Shakespeare's Globe

RSS Rehearsal Notes 3

In her third blog post Mariah discusses the last week of rehearsals, Beatrice and Hero's relationship and getting used to her costume.

Transcript of Podcast

The last week

It's been really nice to discover more about the relationships between Ursula, Margaret, Hero and Beatrice this week. We’ve been exploring the role of gentlewomen in Tudor society, which I was rather confused about. They’re not like servants – as members of the gentry, they have higher status than that. Even though they are gentlewomen, the lady of the house would have a higher status than them because they are part of her household; they’ve been brought in for some reason. You can get them to go errands for you and they call you ‘Lady’ or ‘Madam’. It's interesting to notice when Margaret and Ursula address Hero in those terms and when they don’t. The relationship between a lady and her gentlewomen is kind of odd – it's difficult to find a modern equivalent because nowadays the only people who really have ladies-in-waiting are Royals.

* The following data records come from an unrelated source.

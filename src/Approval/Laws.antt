-- ===== src/Approval/Laws.antt =====
-- The pending row of an action, and the check before the action runs.
use praxis_ai_agent_platform.Common.{
  ℕ, String, ◌≡◌, refl, sym, ap, ◌∙◌, inl, inr, Bool, true, false, Option, none, some, ◌∷◌, eqb_iff,
  ◌==◌, nat_eq, string_eq, Bool-cases, Option-cases, find_first, Result, ok, err, ok_injective,
}
use praxis_ai_agent_platform.Approval.{
  TaskRow, Digests, ApprovalRequest, ApprovalRecord, Table, ApprovalError, binding, has_key,
  is_for_step, hash_of, key_of, pending, create_pending_approval, bound_record,
  verify_approval_binding, await_approval,
}

module _ {Args : Type 0} (h : Digests Args) where
  find_first-create :
      (request : ApprovalRequest Args) (tenant_id : String) (ttl now : ℕ) (db : Table)
      → find_first
          (has_key (key_of h request))
          (create_pending_approval h request tenant_id ttl now db).1
        ≡ some (create_pending_approval h request tenant_id ttl now db).0
  unfolding create_pending_approval pending has_key
  find_first-create request tenant_id ttl now db =
      elim (Option-cases (find_first (has_key (key_of h request)) db)) [
        | inr (r, e) ↦ rw (e, e)
        | inl e ↦ rw (e, (string_eq.same_iff (key_of h request) (key_of h request)).1 refl)
      ]

  -- The pending row of an action is made once: asking for it again, at any time and with any time
  -- to live, gives the same row and leaves the table as it is.
  pub create_pending_approval-once :
      (request : ApprovalRequest Args) (tenant_id tenant_id' : String) (ttl ttl' now now' : ℕ)
      (db : Table)
      → let first = create_pending_approval h request tenant_id ttl now db in
        create_pending_approval h request tenant_id' ttl' now' first.1 ≡ first
  unfolding create_pending_approval
  create_pending_approval-once request tenant_id tenant_id' ttl ttl' now now' db =
      rw (find_first-create request tenant_id ttl now db)

  verified :
      (actual : String) (o : Option ApprovalRecord) (r : ApprovalRecord)
      → bound_record h actual o ≡ ok r
      → (o ≡ some r) × (r.action_hash ≡ actual)
  verified actual none r e = cc
  verified actual (some r') r e = elim (Bool-cases (r'.action_hash == actual)) [
    | inr apart ↦
        let no : ◌≡◌ {A = Result ApprovalError ApprovalRecord} (err (binding r'.action_hash actual))
            (ok r) =
          rw apart at e in
        cc
    | inl matches ↦
        let same : r' ≡ r = ok_injective (rw matches at e) in
        (
          ap some same,
          ap (λ (v : ApprovalRecord). v.action_hash) (sym same)
              ∙ (string_eq.same_iff _ _).0 matches,
        )
  ]

  -- If the digest of an action tells actions apart, a check that passes has found that the newest row
  -- of the step, when it was made for a request, was made for this very skill and these arguments.
  pub verify_approval_binding-binds :
      (request : ApprovalRequest Args) (tenant_id : String) (ttl now : ℕ) (skill_name : String)
      (args : Args) (db : Table) (r : ApprovalRecord)
      → ((s t : String) (a b : Args)
          → h.compute_action_hash s a ≡ h.compute_action_hash t b
          → (s ≡ t) × (a ≡ b))
      → find_first (is_for_step request.task_id request.step_index) db
        ≡ some (pending h request tenant_id ttl now)
      → verify_approval_binding h request.task_id request.step_index skill_name args db ≡ ok r
      → (request.skill_name ≡ skill_name) × (request.args ≡ args)
  unfolding verify_approval_binding pending
  verify_approval_binding-binds request tenant_id ttl now skill_name args db r apart newest passes =
      let (found, same) = verified (h.compute_action_hash skill_name args) _ r passes in
      let that : some (pending h request tenant_id ttl now) ≡ some r = sym newest ∙ found in
      let row : pending h request tenant_id ttl now ≡ r = cc in
      apart request.skill_name skill_name request.args args
        (ap (λ (v : ApprovalRecord). v.action_hash) row ∙ same)

  find_first-new :
      (request : ApprovalRequest Args) (r : ApprovalRecord) (db : Table)
      → r.task_id ≡ request.task_id
      → r.step_index ≡ request.step_index
      → find_first (is_for_step request.task_id request.step_index) (r ∷ db) ≡ some r
  unfolding is_for_step
  find_first-new request r db task step = rw (
    (string_eq.same_iff r.task_id request.task_id).1 task,
    (eqb_iff r.step_index request.step_index).1 step,
  )

  -- A step that runs again after a human has decided passes its check, whatever was decided about
  -- and whatever stands in the table, if its arguments are now such that no row has their key: the
  -- row that the run itself has just added, which nobody has decided, is the one it is checked
  -- against.
  pub drifted_step_passes :
      (request : ApprovalRequest Args) (tenant_id : String) (ttl now : ℕ) (db : Table)
      (task : Option (TaskRow Args))
      → find_first (has_key (key_of h request)) db ≡ none
      → let run = await_approval h request tenant_id ttl now true db task in
        (run.answer ≡ ok true)
        × (find_first (is_for_step request.task_id request.step_index) run.table
            ≡ some (pending h request tenant_id ttl now))
        × ((pending h request tenant_id ttl now).decided_at ≡ none)
  unfolding await_approval create_pending_approval verify_approval_binding pending
  drifted_step_passes request tenant_id ttl now db task fresh =
      let new = pending h request tenant_id ttl now in
      let newest = find_first-new request new db refl refl in
      rw (fresh, newest, (string_eq.same_iff (hash_of h request) (hash_of h request)).1 refl)
        (refl, refl, refl)

  -- A step whose arguments are still those of the newest row of the step passes when a human said
  -- yes, and does not when a human said no; the table is unchanged.
  pub steady_step_follows_decision :
      (request : ApprovalRequest Args) (tenant_id : String) (ttl now : ℕ) (decision : Bool)
      (db : Table) (task : Option (TaskRow Args)) (r : ApprovalRecord)
      → find_first (has_key (key_of h request)) db ≡ some r
      → find_first (is_for_step request.task_id request.step_index) db ≡ some r
      → r.action_hash ≡ hash_of h request
      → let run = await_approval h request tenant_id ttl now decision db task in
        (run.answer ≡ ok decision) × (run.table ≡ db)
  unfolding await_approval create_pending_approval verify_approval_binding
  steady_step_follows_decision request tenant_id ttl now false db task r has newest same =
      rw has (refl, refl)
  steady_step_follows_decision request tenant_id ttl now true db task r has newest same =
      rw (has, newest, (string_eq.same_iff r.action_hash (hash_of h request)).1 same) (refl, refl)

What I found really lovely today was talking with Joy [Richardson, Margaret], Yolanda [Vazquez, Beatrice] and Lucy [Campbell, Ursula] about the closeness of the bond between these women. It comes down to the fact that they would have helped me dress every morning and undress every night, and we would have slept in the same room together. They would know everything about you – if you woke up in a mood or went to bed in a huff. You couldn’t possibly hide those sorts of things from your gentlewomen because they would have been there with you all the time. They would have shared a really close physical bond. It's when Hero is with Margaret, Ursula and Beatrice that her intimacy is revealed. She is not very intimate with Claudio – she can’t be, she's not allowed to be – but you see another side to her in the scenes with her gentlewomen. I love the warmth in these physically close, comfortable relationships – they’re less formal than the scenes with Claudio and the others, or at least they shift in and out of formality more easily.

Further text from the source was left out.